— TASK —
A line below contains "encrypted ← on_send", and a later one contains "pure (plaintext, env)". Repeat both, with every line between them, exactly.

-- DATA follows --

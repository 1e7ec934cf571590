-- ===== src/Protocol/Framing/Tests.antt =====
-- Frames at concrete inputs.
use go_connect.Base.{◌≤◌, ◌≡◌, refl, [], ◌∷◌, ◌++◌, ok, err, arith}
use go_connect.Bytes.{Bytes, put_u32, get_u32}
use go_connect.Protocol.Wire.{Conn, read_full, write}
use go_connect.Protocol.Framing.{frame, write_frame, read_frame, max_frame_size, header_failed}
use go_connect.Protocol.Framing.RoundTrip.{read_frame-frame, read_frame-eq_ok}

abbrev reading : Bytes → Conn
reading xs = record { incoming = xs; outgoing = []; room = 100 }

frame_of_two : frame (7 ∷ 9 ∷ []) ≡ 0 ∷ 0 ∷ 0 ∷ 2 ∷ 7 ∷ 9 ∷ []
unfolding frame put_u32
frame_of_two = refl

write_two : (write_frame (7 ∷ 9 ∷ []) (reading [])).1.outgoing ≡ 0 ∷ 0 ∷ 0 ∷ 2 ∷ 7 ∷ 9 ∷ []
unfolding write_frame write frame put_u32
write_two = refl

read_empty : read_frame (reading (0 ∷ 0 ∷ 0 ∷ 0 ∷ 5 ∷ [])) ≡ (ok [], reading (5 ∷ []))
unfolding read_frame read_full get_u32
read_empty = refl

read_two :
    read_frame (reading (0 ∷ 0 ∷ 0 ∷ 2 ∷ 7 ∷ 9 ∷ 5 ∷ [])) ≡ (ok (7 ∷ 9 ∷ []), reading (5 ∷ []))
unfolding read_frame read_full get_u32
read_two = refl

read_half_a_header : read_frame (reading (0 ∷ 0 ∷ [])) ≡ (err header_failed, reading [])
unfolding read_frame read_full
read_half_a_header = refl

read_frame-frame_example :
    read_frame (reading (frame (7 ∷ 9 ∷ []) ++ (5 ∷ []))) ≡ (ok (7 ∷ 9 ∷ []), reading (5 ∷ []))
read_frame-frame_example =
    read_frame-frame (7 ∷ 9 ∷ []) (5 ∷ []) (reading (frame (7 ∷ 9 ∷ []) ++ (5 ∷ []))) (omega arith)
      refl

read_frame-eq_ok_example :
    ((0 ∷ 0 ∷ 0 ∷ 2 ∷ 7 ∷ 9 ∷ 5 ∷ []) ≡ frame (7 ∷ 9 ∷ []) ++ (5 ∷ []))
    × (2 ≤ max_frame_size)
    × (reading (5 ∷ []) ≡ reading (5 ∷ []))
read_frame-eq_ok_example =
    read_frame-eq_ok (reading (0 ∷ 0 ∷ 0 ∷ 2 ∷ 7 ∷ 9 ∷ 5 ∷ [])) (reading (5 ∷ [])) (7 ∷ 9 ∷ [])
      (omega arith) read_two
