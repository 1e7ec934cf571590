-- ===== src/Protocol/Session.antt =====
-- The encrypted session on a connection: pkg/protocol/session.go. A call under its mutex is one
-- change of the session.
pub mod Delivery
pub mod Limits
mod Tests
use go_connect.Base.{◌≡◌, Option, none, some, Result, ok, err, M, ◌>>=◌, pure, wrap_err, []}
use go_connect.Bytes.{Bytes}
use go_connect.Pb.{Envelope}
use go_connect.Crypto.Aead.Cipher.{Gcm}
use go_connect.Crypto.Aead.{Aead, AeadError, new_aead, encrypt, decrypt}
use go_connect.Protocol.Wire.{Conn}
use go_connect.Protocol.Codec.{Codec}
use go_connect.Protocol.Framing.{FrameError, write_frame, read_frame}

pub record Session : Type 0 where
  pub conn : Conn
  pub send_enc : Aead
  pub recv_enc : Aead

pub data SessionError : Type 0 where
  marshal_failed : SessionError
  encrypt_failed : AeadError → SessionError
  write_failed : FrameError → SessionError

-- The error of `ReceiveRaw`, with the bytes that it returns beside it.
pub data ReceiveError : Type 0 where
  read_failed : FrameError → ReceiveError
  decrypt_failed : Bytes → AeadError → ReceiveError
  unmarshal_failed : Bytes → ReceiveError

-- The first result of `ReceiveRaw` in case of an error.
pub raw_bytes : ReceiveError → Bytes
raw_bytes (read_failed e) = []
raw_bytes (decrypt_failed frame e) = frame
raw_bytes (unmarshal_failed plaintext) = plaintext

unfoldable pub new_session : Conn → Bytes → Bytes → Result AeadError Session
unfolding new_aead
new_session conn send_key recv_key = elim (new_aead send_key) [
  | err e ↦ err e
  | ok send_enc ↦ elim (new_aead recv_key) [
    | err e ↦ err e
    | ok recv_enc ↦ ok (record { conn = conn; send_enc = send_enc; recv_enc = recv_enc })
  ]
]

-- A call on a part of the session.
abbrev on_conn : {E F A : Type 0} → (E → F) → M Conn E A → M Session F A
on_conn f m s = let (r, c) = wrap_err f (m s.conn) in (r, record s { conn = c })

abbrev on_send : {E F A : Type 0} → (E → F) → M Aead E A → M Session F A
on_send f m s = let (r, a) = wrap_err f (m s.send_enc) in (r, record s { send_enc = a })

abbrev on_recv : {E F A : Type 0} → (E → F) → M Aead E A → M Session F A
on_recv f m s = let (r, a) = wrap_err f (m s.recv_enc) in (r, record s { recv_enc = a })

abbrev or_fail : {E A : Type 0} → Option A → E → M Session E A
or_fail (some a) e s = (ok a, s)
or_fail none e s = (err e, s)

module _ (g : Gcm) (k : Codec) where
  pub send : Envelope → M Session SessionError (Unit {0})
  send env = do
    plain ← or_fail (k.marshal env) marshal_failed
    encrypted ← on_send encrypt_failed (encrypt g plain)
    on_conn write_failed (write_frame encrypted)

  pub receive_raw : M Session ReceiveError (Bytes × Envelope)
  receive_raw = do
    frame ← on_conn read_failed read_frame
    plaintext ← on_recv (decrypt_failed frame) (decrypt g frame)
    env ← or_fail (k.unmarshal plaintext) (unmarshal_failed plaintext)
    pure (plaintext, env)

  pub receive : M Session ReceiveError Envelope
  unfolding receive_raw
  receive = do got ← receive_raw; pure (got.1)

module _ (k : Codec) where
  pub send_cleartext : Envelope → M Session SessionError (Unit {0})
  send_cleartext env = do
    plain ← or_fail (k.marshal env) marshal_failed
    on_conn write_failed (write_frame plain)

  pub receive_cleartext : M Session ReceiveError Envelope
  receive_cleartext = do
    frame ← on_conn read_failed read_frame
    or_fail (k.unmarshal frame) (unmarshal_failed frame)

-- DATA concluded --

— RESULT FOR THIS TASK —
    encrypted ← on_send encrypt_failed (encrypt g plain)
    on_conn write_failed (write_frame encrypted)

  pub receive_raw : M Session ReceiveError (Bytes × Envelope)
  receive_raw = do
    frame ← on_conn read_failed read_frame
    plaintext ← on_recv (decrypt_failed frame) (decrypt g frame)
    env ← or_fail (k.unmarshal plaintext) (unmarshal_failed plaintext)
    pure (plaintext, env)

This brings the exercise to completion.